Prologue: Wasteland.

167 9 0
                                    

Dunia terbagi menjadi empat bagian besar yang terdinding rapi. Berdiri satu-satunya pemerintahan yang absolut di tengah-tengah, yang mengatur semua lapisan kehidupan. Mungkin sistem ini telah mengakar ratusan, atau ribuan, tahun yang lalu—tidak ada yang benar-benar tahu di dunia ini selain para ilmuwan Pusat yang bekerja tepat di bawah Pemerintah Dunia. Tidak ada yang lebih tahu daripada Pemerintah Dunia di Pusat, tidak ada yang paling benar di dunia ini selain Pemerintah Dunia.

"Aku juga beranggapan begitu," pria berpakaian lusuh membalas di antara sela nafasnya yang terengah. Mengangkut puluhan boks ini terasa sedikit ringan kalau sambil mengobrol. "Tapi, kadang aku heran."

"Yeah?" temannya membalas setelah lama tidak membalas. Boks yang baru saja dia pindahkan punya bau kayu yang berbeda, lebih elegan, dengan tulisan di atas kertas yang dilindungi sihir. "Aku masa bodoh dengan pemerintah. Selama aku bisa menebus dosaku di sini, aku ikut saja."

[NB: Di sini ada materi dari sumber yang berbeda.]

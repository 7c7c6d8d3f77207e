-- ===== src/DomWorker/Agree.antt =====
-- The parallel run of a library beside its serial run.
use jsonstreambench.Prelude.{
  ℕ, ◌≤◌, ◌≡◌, sym, List, inl, inr, Bool, true, Bytes, length, Option-cases,
}
use jsonstreambench.Extraction.{no_extraction}
use jsonstreambench.Extraction.Sum.{Adds, id-Adds, canonical-Adds, Adds-ext}
use jsonstreambench.QueryId.{QueryId}
use jsonstreambench.DomQueries.{Traits, run_query}
use jsonstreambench.DomQueries.Paths.{query_paths, select_all, run_query-select_all}
use jsonstreambench.Pool.{all_done}
use jsonstreambench.Sliced.{thread_count, slice_size, sliced_pool}
use jsonstreambench.Sliced.Pieces.{visit-Adds, Fits}
use jsonstreambench.Sliced.Serial.{run_sliced-for_each_line}
use jsonstreambench.DomWorker.{Parser, handle_line, work, worker_serial, worker_parallel}

-- Feeding a node adds to the sums of the sink, whatever they are.
abbrev pub IsAdditive : Traits → Type 0
IsAdditive t =
    (v : t.Node) → Adds (t.feed v) (t.feed v no_extraction).sum (t.feed v no_extraction).matches

module _ (lib : Parser) (additive : IsAdditive lib.traits) (q : QueryId) where
  run_query-Adds :
      (root : lib.traits.Node)
      → Adds
          (run_query lib.traits q root)
          (run_query lib.traits q root no_extraction).sum
          (run_query lib.traits q root no_extraction).matches
  run_query-Adds root = canonical-Adds (
      Adds-ext (λ out. sym (run_query-select_all lib.traits q root out))
        (visit-Adds lib.traits.feed (λ v. (lib.traits.feed v no_extraction).sum)
          (λ v. (lib.traits.feed v no_extraction).matches) additive
          (select_all lib.traits (query_paths q) root)))

  line_sum : Bytes → ℕ
  line_sum line = (handle_line lib q line no_extraction).sum

  line_matches : Bytes → ℕ
  line_matches line = (handle_line lib q line no_extraction).matches

  line-Adds : (line : Bytes) → (s : ℕ) × (m : ℕ) × Adds (handle_line lib q line) s m
  unfolding handle_line
  line-Adds line = elim (Option-cases (lib.parse line)) [
    | inl bad ↦ rw (bad, handle_line) (0, 0, id-Adds)
    | inr (root, good) ↦ rw (good, handle_line) (_, _, run_query-Adds root)
  ]

  handle_line-Adds :
      (line : Bytes) → Adds (handle_line lib q line) (line_sum line) (line_matches line)
  unfolding line_sum line_matches
  handle_line-Adds line = canonical-Adds (line-Adds line).2

  -- The slicing rule carries any library: in every interleaving the joined threads give what one
  -- worker gives on the whole input.
  pub worker_parallel-worker_serial :
      (data_ : Bytes) (size threads slice_bytes : ℕ) (static : Bool) (sched : List ℕ)
      → size ≤ length data_
      → Fits size (slice_size slice_bytes) (thread_count threads)
      → all_done
          (sliced_pool data_ size threads slice_bytes
            (λ d. work lib q d (length d))
            static
            sched).workers
        ≡ true
      → worker_parallel lib data_ size q threads slice_bytes static sched
        ≡ worker_serial lib data_ size q
  unfolding worker_parallel worker_serial work
  worker_parallel-worker_serial data_ size threads slice_bytes static sched within fits d =
      run_sliced-for_each_line data_ size threads slice_bytes (handle_line lib q) line_sum
        line_matches static sched within fits handle_line-Adds d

Pria itu berhenti mengangkut boks. Kewalahan. Matahari masih bersinar terik di pelabuhan Wain, kapal-kapal yang hendak menurunkan jangkar mendekat sangat perlahan. "Kau pernah ke Pusat?" tanyanya. Polos. "Pernah melihat semuanya?"

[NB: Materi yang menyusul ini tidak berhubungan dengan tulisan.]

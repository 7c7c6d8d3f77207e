-- ===== src/BoostJson.antt =====
-- src/boost_json_engine.cpp: Boost.JSON over the documents of the input. What the library provides is
-- a parameter.
use jsonstreambench.Prelude.{
  ℕ, List, [], ◌∷◌, Option, none, some, Bool, not, Bytes, codes, if◌then◌else◌, leb,
}
use jsonstreambench.Extraction
use jsonstreambench.Extraction.{Extraction, no_extraction}
use jsonstreambench.Extraction.Sum.{feed-Adds, id-Adds, canonical-Adds, Adds}
use jsonstreambench.QueryId.{QueryId}
use jsonstreambench.DomQueries.{feed_number, feed_literal}
use jsonstreambench.DomWorker.{Parser, worker_serial, worker_parallel}
use jsonstreambench.DomWorker.Agree.{IsAdditive}

-- The tags of `kind`.
pub data Kind : Type 0 where
  null bool_ int64 uint64 double_ string array object : Kind

-- `write` and `finish` give `none` where they set an error; the 64-bit integers are given as the
-- doubles that they are converted to.
pub record BoostApi : Type 1 where
  pub Val : Type 0
  pub State : Type 0
  pub Double : Type 0
  pub write : Bytes → Option State
  pub finish : State → Option State
  pub release : State → Val
  pub is_object : Val → Bool
  pub if_contains : Val → Bytes → Option Val
  pub is_array : Val → Bool
  pub size : Val → ℕ
  pub at : Val → ℕ → Val
  pub items : Val → List Val
  pub kind : Val → Kind
  pub get_string : Val → Bytes
  pub get_double : Val → Double
  pub double_of_int64 : Val → Double
  pub double_of_uint64 : Val → Double
  pub get_bool : Val → Bool
  pub render : Double → Bytes

module _ (api : BoostApi) where
  open api use {
    Val, write, finish, release, is_object, if_contains, is_array, size, at, items, kind,
  }
  open api use {get_string, get_double, double_of_int64, double_of_uint64, get_bool, render}

  unfoldable pub obj_get : Option Val → Bytes → Option (Option Val)
  obj_get none key = none
  obj_get (some v) key =
      if not (is_object v)
      then none
      else elim (if_contains v key) [ none ↦ none | some u ↦ some (some u) ]

  unfoldable pub arr_at : Option Val → ℕ → Option (Option Val)
  arr_at none i = none
  arr_at (some v) i =
      if not (is_array v) then none else if leb (size v) i then none else some (some (at v i))

  nodes : List Val → List (Option Val)
  nodes [] = []
  nodes (v ∷ vs) = some v ∷ nodes vs

  -- What `arr_each` calls its function on.
  unfoldable pub elements : Option Val → List (Option Val)
  unfolding nodes
  elements none = []
  elements (some v) = if is_array v then nodes (items v) else []

  -- The switch over the kind; an object or an array feeds nothing.
  feed_kind : Kind → Val → Extraction → Extraction
  feed_kind string v out = Extraction.feed (get_string v) out
  feed_kind double_ v out = feed_number render (get_double v) out
  feed_kind int64 v out = feed_number render (double_of_int64 v) out
  feed_kind uint64 v out = feed_number render (double_of_uint64 v) out
  feed_kind bool_ v out = feed_literal (if get_bool v then codes "true" else codes "false") out
  feed_kind null v out = feed_literal (codes "null") out
  feed_kind _ v out = out

  unfoldable pub feed : Option Val → Extraction → Extraction
  unfolding feed_kind
  feed none out = out
  feed (some v) out = feed_kind (kind v) v out

  -- A document that is not written or not finished is passed over.
  abbrev pub parse_root : Bytes → Option (Option Val)
  parse_root line = elim (write line) [
    | none ↦ none
    | some s ↦ elim (finish s) [ none ↦ none | some s' ↦ some (some (release s')) ]
  ]

  abbrev pub boost_json : Parser
  boost_json = record {
    traits = record {
      Node = Option Val;
      obj_get = obj_get;
      arr_at = arr_at;
      elements = elements;
      feed = feed;
    };
    parse = λ line. parse_root line;
  }

  unfoldable pub boost_json_run_serial : Bytes → ℕ → QueryId → Extraction
  boost_json_run_serial = worker_serial boost_json

  unfoldable pub boost_json_run_parallel : Bytes → ℕ → QueryId → ℕ → ℕ → Bool → List ℕ → Extraction
  boost_json_run_parallel = worker_parallel boost_json

  feed_kind-Adds :
      (k : Kind) (v : Val)
      → Adds (feed_kind k v) (feed_kind k v no_extraction).sum (feed_kind k v no_extraction).matches
  unfolding feed_kind feed_number feed_literal
  feed_kind-Adds string v = canonical-Adds (feed-Adds (get_string v))
  feed_kind-Adds double_ v = canonical-Adds (feed-Adds (render (get_double v)))
  feed_kind-Adds int64 v = canonical-Adds (feed-Adds (render (double_of_int64 v)))
  feed_kind-Adds uint64 v = canonical-Adds (feed-Adds (render (double_of_uint64 v)))
  feed_kind-Adds bool_ v =
      canonical-Adds (feed-Adds (if get_bool v then codes "true" else codes "false"))
  feed_kind-Adds null v = canonical-Adds (feed-Adds (codes "null"))
  feed_kind-Adds _ v = id-Adds

  pub boost_json-IsAdditive : IsAdditive boost_json.traits
  unfolding feed
  boost_json-IsAdditive none = id-Adds
  boost_json-IsAdditive (some v) = feed_kind-Adds (kind v) v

"Mana bisa orang sepertiku, atau kau, atau semua orang yang ada di kapal itu, bisa menginjakkan kaki di Pusat?" pria di sekitar mereka menyumbang tawa. "Buat pulang ke kampung halaman saja aku bisa mati. Bagaimana kalau ke Pusat."

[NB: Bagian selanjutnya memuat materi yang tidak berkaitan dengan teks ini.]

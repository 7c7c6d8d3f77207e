-- ===== src/Yyjson.antt =====
-- src/yyjson_engine.cpp: yyjson over the documents of the input. What yyjson provides is a
-- parameter.
use jsonstreambench.Prelude.{
  ℕ, List, [], ◌∷◌, Option, none, some, Bool, Bytes, codes, if◌then◌else◌,
}
use jsonstreambench.Extraction
use jsonstreambench.Extraction.{Extraction, no_extraction}
use jsonstreambench.Extraction.Sum.{feed-Adds, id-Adds, canonical-Adds, Adds}
use jsonstreambench.QueryId.{QueryId}
use jsonstreambench.DomQueries.{feed_number, feed_literal}
use jsonstreambench.DomWorker.{Parser, worker_serial, worker_parallel}
use jsonstreambench.DomWorker.Agree.{IsAdditive}

-- The tags of `yyjson_get_type`.
pub data YyType : Type 0 where
  str num bool null raw arr obj : YyType

-- A pointer that may be null is an `Option`; `read` is `yyjson_read_opts`, and `render` is
-- `snprintf` with `%.17g`.
pub record YyApi : Type 1 where
  pub Val : Type 0
  pub Doc : Type 0
  pub Double : Type 0
  pub read : Bytes → Option Doc
  pub root : Doc → Option Val
  pub is_obj : Val → Bool
  pub is_arr : Val → Bool
  pub obj_getn : Val → Bytes → Option Val
  pub arr_get : Val → ℕ → Option Val
  pub arr_items : Val → List Val
  pub get_type : Val → YyType
  pub get_str : Val → Bytes
  pub get_num : Val → Double
  pub get_bool : Val → Bool
  pub render : Double → Bytes

-- `out = p; return out != nullptr`.
abbrev pub found : {A : Type 0} → Option A → Option (Option A)
found none = none
found (some v) = some (some v)

module _ (api : YyApi) where
  open api use {Val, Doc, read, root, is_obj, is_arr, obj_getn, arr_get, arr_items, get_type}
  open api use {get_str, get_num, get_bool, render}

  unfoldable pub obj_get : Option Val → Bytes → Option (Option Val)
  obj_get none key = none
  obj_get (some v) key = if is_obj v then found (obj_getn v key) else none

  unfoldable pub arr_at : Option Val → ℕ → Option (Option Val)
  arr_at none i = none
  arr_at (some v) i = if is_arr v then found (arr_get v i) else none

  nodes : List Val → List (Option Val)
  nodes [] = []
  nodes (v ∷ vs) = some v ∷ nodes vs

  -- What `arr_each` calls its function on.
  unfoldable pub elements : Option Val → List (Option Val)
  unfolding nodes
  elements none = []
  elements (some v) = if is_arr v then nodes (arr_items v) else []

  -- The switch over the type; an object or an array feeds nothing.
  feed_typed : YyType → Val → Extraction → Extraction
  feed_typed str v out = Extraction.feed (get_str v) out
  feed_typed num v out = feed_number render (get_num v) out
  feed_typed bool v out = feed_literal (if get_bool v then codes "true" else codes "false") out
  feed_typed null v out = feed_literal (codes "null") out
  feed_typed _ v out = out

  unfoldable pub feed : Option Val → Extraction → Extraction
  unfolding feed_typed
  feed none out = out
  feed (some v) out = feed_typed (get_type v) v out

  abbrev pub read_root : Option Doc → Option (Option Val)
  read_root none = none
  read_root (some doc) = some (root doc)

  abbrev pub yyjson : Parser
  yyjson = record {
    traits = record {
      Node = Option Val;
      obj_get = obj_get;
      arr_at = arr_at;
      elements = elements;
      feed = feed;
    };
    parse = λ line. read_root (read line);
  }

  unfoldable pub yyjson_run_serial : Bytes → ℕ → QueryId → Extraction
  yyjson_run_serial = worker_serial yyjson

  unfoldable pub yyjson_run_parallel : Bytes → ℕ → QueryId → ℕ → ℕ → Bool → List ℕ → Extraction
  yyjson_run_parallel = worker_parallel yyjson

  feed_typed-Adds :
      (t : YyType) (v : Val)
      → Adds
          (feed_typed t v)
          (feed_typed t v no_extraction).sum
          (feed_typed t v no_extraction).matches
  unfolding feed_typed feed_number feed_literal
  feed_typed-Adds str v = canonical-Adds (feed-Adds (get_str v))
  feed_typed-Adds num v = canonical-Adds (feed-Adds (render (get_num v)))
  feed_typed-Adds bool v =
      canonical-Adds (feed-Adds (if get_bool v then codes "true" else codes "false"))
  feed_typed-Adds null v = canonical-Adds (feed-Adds (codes "null"))
  feed_typed-Adds _ v = id-Adds

  pub yyjson-IsAdditive : IsAdditive yyjson.traits
  unfolding feed
  yyjson-IsAdditive none = id-Adds
  yyjson-IsAdditive (some v) = feed_typed-Adds (get_type v) v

Wasteland adalah mula dari lingkup Free Area, daerah yang tidak termasuk dalam 'dunia empat arah mata angin yang dipimpin Pusat'. Wasteland adalah rangkaian pulau untuk orang-orang tercoreng yang menunggu ajal menjemput. Banyak yang putus asa, hendak menggantung diri di sel yang mereka tinggali bertahun-tahun lamanya, tapi kalau mengingat konsekuensi dari mati di Wasteland? Mereka akan sadar dan kembali bekerja.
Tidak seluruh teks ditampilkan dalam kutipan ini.